▶ **AIM OF THE TASK**:
Below are the records; give the number of lines in them that include the word "fields", and nothing more.

▶ **RECORDS FOR THIS EXERCISE**:

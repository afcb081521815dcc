-- ===== src/Idempotency/Memory/Completions.antt =====
-- How a completion ends, on every branch.
use agent_actum.Base.{
  ℕ, String, text_eq, nat_eq, ◌==◌, ◌≡◌, ◌≢◌, refl, ◌∙◌, ◌⊎◌, inl, inr, true, false, Option, none,
  some, lookup, lookup-insert_self, lookup-insert_ne, arith, Option-cases, Bool-cases,
}
use agent_actum.Model.Json.{Value}
use agent_actum.Model.Exec.{Result, Error, ok, err, key_error, not_owner, Result-cases}
use agent_actum.Model.Host.{Host}
use agent_actum.Idempotency.Models.{IdempotencyRecord, is_completed, validate_completion}
use agent_actum.Idempotency.Memory.{
  InMemoryIdempotencyBackend, get_record, completed_record, mark_completed,
}

-- A completion that raised: no record of the key, a record of another owner, or the error of the new
-- record, which pydantic or its validator refuses.
abbrev pub Refused :
    Host → String → ℕ → Option String → Value → InMemoryIdempotencyBackend → Error → Type 0
Refused h k token reference result s e =
    ((get_record k s ≡ none) × (e ≡ key_error k))
    ⊎ ((r : IdempotencyRecord) × (get_record k s ≡ some r)
        × (((r.owner_token ≢ token) × (e ≡ not_owner k))
            ⊎ ((r.owner_token ≡ token)
                × (is_completed r.status ≡ false)
                × (completed_record h r reference result s.drawn ≡ err e))))

-- A completion that returned `m`: the record as it was, if it was completed before, or the owner's
-- record in progress, now completed with the result; the records of the other keys stay.
abbrev pub Stored :
    String
    → ℕ
    → Value
    → InMemoryIdempotencyBackend
    → IdempotencyRecord
    → InMemoryIdempotencyBackend
    → Type 0
Stored k token result s m s' =
    (r : IdempotencyRecord) × (get_record k s ≡ some r)
    × (r.owner_token ≡ token)
    × (((is_completed r.status ≡ true) × (m ≡ r) × (s' ≡ s))
        ⊎ ((is_completed r.status ≡ false)
            × (get_record k s' ≡ some m)
            × (m.owner_token ≡ token)
            × (is_completed m.status ≡ true)
            × (m.result ≡ result)
            × ((j : String) → k ≢ j → get_record j s' ≡ get_record j s)))

abbrev pub Completed :
    Host
    → String
    → ℕ
    → Option String
    → Value
    → InMemoryIdempotencyBackend
    → Result IdempotencyRecord × InMemoryIdempotencyBackend
    → Type 0
Completed h k token reference result s (err e, s') =
    (s'.records ≡ s.records) × Refused h k token reference result s e
Completed h k token reference result s (ok m, s') = Stored k token result s m s'

module _ (h : Host) (k : String) (token : ℕ) (reference : Option String) (result : Value)
    (s : InMemoryIdempotencyBackend) where
  completed_record-fields :
      (r m : IdempotencyRecord)
      → completed_record h r reference result s.drawn ≡ ok m
      → (m.owner_token ≡ r.owner_token) × (is_completed m.status ≡ true) × (m.result ≡ result)
  unfolding validate_completion
  completed_record-fields r m e = ground arith

  pub mark_completed-Completed :
      Completed h k token reference result s (mark_completed h k token reference result s)
  unfolding mark_completed get_record
  mark_completed-Completed = elim (Option-cases (lookup k s.records)) [
    | inl absent ↦ rw absent (refl, inl (absent, refl))
    | inr (r, held) ↦ elim (Bool-cases (r.owner_token == token)) [
      | inr other ↦ rw (held, other) (refl, inr (r, held, inl (ground arith, refl)))
      | inl own ↦ elim (Bool-cases (is_completed r.status)) [
        | inl finished ↦
            rw (held, own, finished) (r, held, ground arith, inl (finished, refl, refl))
        | inr pending ↦ elim (Result-cases (completed_record h r reference result s.drawn)) [
          | inr (x, refused) ↦
              rw (held, own, pending, refused)
                (refl, inr (r, held, inr (ground arith, pending, refused)))
          | inl (m, made) ↦
              let (owner, done, value) = completed_record-fields r m made in
              let same : r.owner_token ≡ token = ground arith in
              rw (held, own, pending, made)
                (
                  r,
                  held,
                  same,
                  inr (
                    pending,
                    lookup-insert_self k m s.records,
                    owner ∙ same,
                    done,
                    value,
                    λ j other. lookup-insert_ne k j m s.records other,
                  ),
                )
        ]
      ]
    ]
  ]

▶ **ANSWER FOR THE TASK**:
3